Recorded information START

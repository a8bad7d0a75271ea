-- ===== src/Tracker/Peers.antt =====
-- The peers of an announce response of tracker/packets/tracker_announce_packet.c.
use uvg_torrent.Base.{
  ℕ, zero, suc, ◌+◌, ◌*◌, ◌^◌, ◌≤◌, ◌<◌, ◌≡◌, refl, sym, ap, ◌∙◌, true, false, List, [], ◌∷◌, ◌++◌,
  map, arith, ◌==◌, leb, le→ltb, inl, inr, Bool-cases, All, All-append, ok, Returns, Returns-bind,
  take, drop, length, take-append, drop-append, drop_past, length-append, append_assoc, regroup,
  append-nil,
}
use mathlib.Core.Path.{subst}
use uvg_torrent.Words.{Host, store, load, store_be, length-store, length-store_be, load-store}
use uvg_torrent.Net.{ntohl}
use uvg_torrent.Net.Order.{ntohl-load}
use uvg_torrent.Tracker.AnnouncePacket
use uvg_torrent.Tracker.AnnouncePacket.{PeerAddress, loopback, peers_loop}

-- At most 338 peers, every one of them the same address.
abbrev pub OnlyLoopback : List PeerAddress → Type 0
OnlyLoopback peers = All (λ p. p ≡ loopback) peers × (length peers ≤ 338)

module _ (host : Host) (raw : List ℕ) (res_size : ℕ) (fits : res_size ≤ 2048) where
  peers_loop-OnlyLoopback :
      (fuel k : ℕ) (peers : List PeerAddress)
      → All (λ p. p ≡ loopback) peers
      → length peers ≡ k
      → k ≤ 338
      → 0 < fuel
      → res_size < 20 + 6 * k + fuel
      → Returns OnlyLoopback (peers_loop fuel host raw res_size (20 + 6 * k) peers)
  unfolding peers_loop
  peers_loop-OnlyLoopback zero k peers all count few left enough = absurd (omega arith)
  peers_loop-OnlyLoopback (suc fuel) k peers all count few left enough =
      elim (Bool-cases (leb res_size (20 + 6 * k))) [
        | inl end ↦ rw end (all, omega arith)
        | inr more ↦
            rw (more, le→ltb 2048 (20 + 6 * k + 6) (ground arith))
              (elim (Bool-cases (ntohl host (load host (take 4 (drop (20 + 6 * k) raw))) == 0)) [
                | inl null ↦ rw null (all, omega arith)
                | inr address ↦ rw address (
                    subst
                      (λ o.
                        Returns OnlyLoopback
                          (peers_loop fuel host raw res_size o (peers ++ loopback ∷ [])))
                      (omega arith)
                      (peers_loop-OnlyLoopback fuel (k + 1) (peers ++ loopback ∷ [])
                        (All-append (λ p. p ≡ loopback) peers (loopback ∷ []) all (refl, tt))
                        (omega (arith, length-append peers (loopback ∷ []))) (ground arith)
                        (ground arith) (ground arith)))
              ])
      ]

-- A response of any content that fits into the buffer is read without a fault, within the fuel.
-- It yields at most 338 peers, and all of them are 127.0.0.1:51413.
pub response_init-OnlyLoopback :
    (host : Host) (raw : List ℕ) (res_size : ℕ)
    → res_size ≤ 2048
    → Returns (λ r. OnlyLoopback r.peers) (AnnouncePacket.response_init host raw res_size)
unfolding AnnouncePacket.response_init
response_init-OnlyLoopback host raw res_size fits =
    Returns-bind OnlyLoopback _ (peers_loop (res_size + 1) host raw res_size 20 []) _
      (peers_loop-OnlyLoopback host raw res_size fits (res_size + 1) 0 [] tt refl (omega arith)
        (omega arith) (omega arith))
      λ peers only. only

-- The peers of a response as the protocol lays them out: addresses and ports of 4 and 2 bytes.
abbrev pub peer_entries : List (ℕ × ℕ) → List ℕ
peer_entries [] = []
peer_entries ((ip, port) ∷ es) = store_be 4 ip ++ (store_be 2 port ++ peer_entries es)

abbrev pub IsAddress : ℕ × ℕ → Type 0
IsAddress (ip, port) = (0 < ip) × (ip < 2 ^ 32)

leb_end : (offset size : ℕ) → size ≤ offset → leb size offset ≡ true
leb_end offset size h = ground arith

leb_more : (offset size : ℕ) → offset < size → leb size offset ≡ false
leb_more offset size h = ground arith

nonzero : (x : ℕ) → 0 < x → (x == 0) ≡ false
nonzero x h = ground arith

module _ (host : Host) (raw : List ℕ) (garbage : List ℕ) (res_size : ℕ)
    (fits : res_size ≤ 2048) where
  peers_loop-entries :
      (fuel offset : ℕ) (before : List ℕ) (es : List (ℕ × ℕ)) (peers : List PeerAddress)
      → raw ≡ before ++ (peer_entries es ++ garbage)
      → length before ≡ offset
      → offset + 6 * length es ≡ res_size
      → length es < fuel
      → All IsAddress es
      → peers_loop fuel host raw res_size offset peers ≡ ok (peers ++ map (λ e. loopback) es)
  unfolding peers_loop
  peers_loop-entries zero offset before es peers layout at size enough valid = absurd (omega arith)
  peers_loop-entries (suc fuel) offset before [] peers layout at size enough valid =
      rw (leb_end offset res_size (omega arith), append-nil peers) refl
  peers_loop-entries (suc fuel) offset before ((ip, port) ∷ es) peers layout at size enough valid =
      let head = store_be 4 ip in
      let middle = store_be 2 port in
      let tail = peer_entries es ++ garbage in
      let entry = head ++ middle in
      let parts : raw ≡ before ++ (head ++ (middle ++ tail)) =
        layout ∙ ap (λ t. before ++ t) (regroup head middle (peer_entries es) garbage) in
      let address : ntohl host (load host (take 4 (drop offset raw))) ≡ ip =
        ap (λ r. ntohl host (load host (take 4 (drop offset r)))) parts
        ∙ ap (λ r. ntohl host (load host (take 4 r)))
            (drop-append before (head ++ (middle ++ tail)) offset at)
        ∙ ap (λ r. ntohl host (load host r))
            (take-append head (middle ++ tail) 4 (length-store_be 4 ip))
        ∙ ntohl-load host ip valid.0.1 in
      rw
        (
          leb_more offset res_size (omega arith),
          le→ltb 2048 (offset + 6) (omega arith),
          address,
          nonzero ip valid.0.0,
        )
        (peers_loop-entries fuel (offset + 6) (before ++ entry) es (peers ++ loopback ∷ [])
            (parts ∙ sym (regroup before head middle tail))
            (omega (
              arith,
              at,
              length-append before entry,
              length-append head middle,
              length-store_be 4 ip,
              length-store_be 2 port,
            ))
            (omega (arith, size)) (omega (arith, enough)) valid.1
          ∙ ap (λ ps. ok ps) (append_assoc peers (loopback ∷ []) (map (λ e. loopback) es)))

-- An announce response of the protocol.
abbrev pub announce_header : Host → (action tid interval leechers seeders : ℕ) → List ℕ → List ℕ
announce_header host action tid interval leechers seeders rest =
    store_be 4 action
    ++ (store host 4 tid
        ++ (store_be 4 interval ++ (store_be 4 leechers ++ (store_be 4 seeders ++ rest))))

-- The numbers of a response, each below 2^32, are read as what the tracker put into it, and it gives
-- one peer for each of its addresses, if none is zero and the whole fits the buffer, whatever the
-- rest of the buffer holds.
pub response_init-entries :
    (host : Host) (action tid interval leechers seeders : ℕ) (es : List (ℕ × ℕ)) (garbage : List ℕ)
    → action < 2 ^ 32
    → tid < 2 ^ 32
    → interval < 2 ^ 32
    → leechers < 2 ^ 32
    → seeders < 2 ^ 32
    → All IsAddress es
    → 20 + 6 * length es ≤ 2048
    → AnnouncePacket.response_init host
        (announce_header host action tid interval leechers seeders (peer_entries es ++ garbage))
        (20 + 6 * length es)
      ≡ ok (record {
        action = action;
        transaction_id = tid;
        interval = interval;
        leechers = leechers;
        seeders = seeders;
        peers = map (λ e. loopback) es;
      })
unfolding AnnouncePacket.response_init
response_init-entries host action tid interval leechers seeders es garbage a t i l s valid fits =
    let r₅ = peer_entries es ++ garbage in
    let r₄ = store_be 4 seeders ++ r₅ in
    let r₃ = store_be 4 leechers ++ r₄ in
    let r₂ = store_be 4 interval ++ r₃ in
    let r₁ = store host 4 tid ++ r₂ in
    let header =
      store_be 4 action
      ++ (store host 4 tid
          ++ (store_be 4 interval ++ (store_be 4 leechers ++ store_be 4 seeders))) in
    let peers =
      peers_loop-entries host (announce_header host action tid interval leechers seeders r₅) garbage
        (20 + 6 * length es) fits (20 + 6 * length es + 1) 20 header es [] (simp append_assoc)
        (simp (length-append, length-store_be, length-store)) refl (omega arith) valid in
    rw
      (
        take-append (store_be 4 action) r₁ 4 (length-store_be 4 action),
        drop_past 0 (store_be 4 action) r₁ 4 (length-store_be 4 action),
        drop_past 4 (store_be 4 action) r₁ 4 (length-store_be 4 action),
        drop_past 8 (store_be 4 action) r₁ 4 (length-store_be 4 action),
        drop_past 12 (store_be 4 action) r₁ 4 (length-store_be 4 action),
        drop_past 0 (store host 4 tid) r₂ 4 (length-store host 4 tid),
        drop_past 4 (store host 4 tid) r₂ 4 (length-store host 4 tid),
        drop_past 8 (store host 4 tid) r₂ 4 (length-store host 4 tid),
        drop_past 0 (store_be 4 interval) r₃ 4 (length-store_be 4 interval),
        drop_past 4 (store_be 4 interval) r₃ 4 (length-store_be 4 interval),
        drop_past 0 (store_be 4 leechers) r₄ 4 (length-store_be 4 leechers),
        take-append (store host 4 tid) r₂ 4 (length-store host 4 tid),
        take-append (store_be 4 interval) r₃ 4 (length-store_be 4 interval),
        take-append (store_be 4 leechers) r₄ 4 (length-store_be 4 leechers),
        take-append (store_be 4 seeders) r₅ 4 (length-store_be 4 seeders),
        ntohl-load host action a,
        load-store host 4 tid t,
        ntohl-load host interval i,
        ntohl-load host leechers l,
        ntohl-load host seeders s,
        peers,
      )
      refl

Recorded information END

The task | The required answer is the exact run of lines above starting at the line with "let address : ntohl" and ending at the line with "(load host r))", with both ends present.

Task answer |
      let address : ntohl host (load host (take 4 (drop offset raw))) ≡ ip =
        ap (λ r. ntohl host (load host (take 4 (drop offset r)))) parts
        ∙ ap (λ r. ntohl host (load host (take 4 r)))
            (drop-append before (head ++ (middle ++ tail)) offset at)
        ∙ ap (λ r. ntohl host (load host r))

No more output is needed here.